# Need to buy speakers with Digital input (s/pdif) support



## WhizKID (Oct 5, 2015)

Hi,

I am really a n00b when it comes to speakers and audio gear in general. I have an Xbox One and my old desktop. Currently I use the standard Xbox One headset for the Xbox and a Microsoft chat headset for my PC. While, this is good for gaming I find it increasingly frustrating to watch movies with the headset on and want to shift to a more open entertainment environment with speakers (which also helps if there are others with me in the room to watch).
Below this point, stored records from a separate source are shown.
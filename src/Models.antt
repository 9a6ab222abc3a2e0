-- ===== src/Models.antt =====
-- src/autoperf/models.py: statuses, origins, samples and events.
-- A time is a number of microseconds since the epoch: `utc_now` writes every instant in UTC and in
-- one ISO-8601 form, in which texts compare as the instants do. A float is a whole number of the
-- smallest unit that the program reads (microseconds for a time, thousandths for a metric).
use auto_perf.Prelude.{ℕ, String, Bool, true, false}
use auto_perf.Prelude.Int.{ℤ}

-- class RunStatus
pub data RunStatus : Type 0 where
  pending running completed failed interrupted : RunStatus

-- status='pending'
abbrev pub is_pending : RunStatus → Bool
is_pending RunStatus.pending = true
is_pending _ = false

-- status='running'
abbrev pub is_running : RunStatus → Bool
is_running RunStatus.running = true
is_running _ = false

-- status='completed'
abbrev pub is_completed : RunStatus → Bool
is_completed RunStatus.completed = true
is_completed _ = false

-- status IN ('failed','interrupted')
abbrev pub is_errored : RunStatus → Bool
is_errored RunStatus.failed = true
is_errored RunStatus.interrupted = true
is_errored _ = false

-- status IN ('completed','failed','interrupted')
abbrev pub is_terminal : RunStatus → Bool
is_terminal RunStatus.completed = true
is_terminal RunStatus.failed = true
is_terminal RunStatus.interrupted = true
is_terminal _ = false

-- class RunOrigin
pub data RunOrigin : Type 0 where
  manual dashboard campaign suite unknown : RunOrigin

-- origin=?
abbrev pub is_origin : RunOrigin → RunOrigin → Bool
is_origin RunOrigin.manual RunOrigin.manual = true
is_origin RunOrigin.dashboard RunOrigin.dashboard = true
is_origin RunOrigin.campaign RunOrigin.campaign = true
is_origin RunOrigin.suite RunOrigin.suite = true
is_origin RunOrigin.unknown RunOrigin.unknown = true
is_origin _ _ = false

-- class MetricSample, with the labels left out (no code reads them back)
pub record MetricSample : Type 0 where
  pub run_id : String
  pub collector : String
  pub name : String
  pub value : ℤ
  pub unit : String
  pub timestamp : ℕ

-- The kinds of event that the runner writes.
pub data Kind : Type 0 where
  lifecycle app_version_unavailable collector_error collector_timeout : Kind
  adapter_action adapter_error adapter_timeout : Kind
  verification_failed selector_fallback selector_stale ui_introspection : Kind
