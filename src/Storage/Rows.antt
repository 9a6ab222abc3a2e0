-- ===== src/Storage/Rows.antt =====
-- src/autoperf/storage.py: SCHEMA and the columns that `initialize` adds.
-- A table is the list of its rows in rowid order, and NULL is `none`.
use auto_perf.Prelude.{ℕ, String, Bool, Option, List, []}
use auto_perf.Prelude.Int.{ℤ}
use auto_perf.Models.{RunStatus, RunOrigin, MetricSample, Kind}

-- test_runs
pub record Run : Type 0 where
  pub id : String
  pub device_serial : String
  pub status : RunStatus
  pub started_at : Option ℕ
  pub finished_at : Option ℕ
  pub checkpoint : Option String
  pub error : Option String
  pub youtube_scenario : Option String
  pub cancel_requested : Bool
  pub campaign_id : Option String
  pub app_package : Option String
  pub app_version_name : Option String
  pub app_version_code : Option ℕ
  pub origin : RunOrigin
  pub heartbeat_at : Option ℕ
  pub duration : Option ℤ
  pub blind_targets : Option (List String)
  pub queued_at : Option ℕ

-- preflight_reports; the summary is kept for its `ok` field alone
pub record Preflight : Type 0 where
  pub id : String
  pub device_serial : String
  pub scenario : Option String
  pub status : RunStatus
  pub created_at : ℕ
  pub started_at : Option ℕ
  pub finished_at : Option ℕ
  pub app_package : Option String
  pub app_version_name : Option String
  pub app_version_code : Option ℕ
  pub summary_ok : Option Bool
  pub error : Option String
  pub cancel_requested : Bool

-- campaigns
pub record Campaign : Type 0 where
  pub id : String
  pub kind : String
  pub device_serial : String
  pub scenario : Option String
  pub tier : Option String
  pub duration : ℤ
  pub iterations : ℤ
  pub status : RunStatus
  pub cancel_requested : Bool
  pub created_at : ℕ
  pub started_at : Option ℕ
  pub finished_at : Option ℕ
  pub error : Option String

-- baselines
pub record Baseline : Type 0 where
  pub device_serial : String
  pub scenario : String
  pub run_id : String
  pub created_at : ℕ

-- test_events, with the kind read as the runner's own; the message and the details are for display
pub record Event : Type 0 where
  pub run_id : String
  pub timestamp : ℕ
  pub kind : Kind

-- the database file
pub record Storage : Type 0 where
  pub test_runs : List Run
  pub preflight_reports : List Preflight
  pub campaigns : List Campaign
  pub baselines : List Baseline
  pub metric_samples : List MetricSample
  pub test_events : List Event

abbrev pub empty : Storage
empty = record {
  test_runs = [];
  preflight_reports = [];
  campaigns = [];
  baselines = [];
  metric_samples = [];
  test_events = [];
}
The XB1 supports only digital audio output via S/PDIF or HDMI (currently connected to my monitor using HDMI->DVI cale). So I would prefer to use the S/PDIF for the speakers and would like it to also have audio input from my PC (aux).
My budget isn't out of the world and I would like if it fits within 5k INR. I don't mind 2.1 output as well. 


So my *requirements*:

Digital input
Analog input
Budget: 5k
No constraint on 2.1/5.1
Remote is optional (but welcome )


Only that the speaker quality be decent enough and support my devices. Please help for the same. Thanks!


----------



## WhizKID (Oct 7, 2015)

Any help guys??


----------



## Stormbringer (Oct 16, 2015)

1)The Cheapest good quality speakers i found during my research couple of months back was this Edifier C2XD- Edifier International C2X 2.1 Computer Speaker System.But it exceeds you budget . 
2)Another option is you get a digital to analogue converter and hook up any speakers with Aux input.But do remember cheaper DACs does not support Dolby surround sound and neither 5.1 channel.
3)If you have a friend in the USA you can get soundbars with optical input.


----------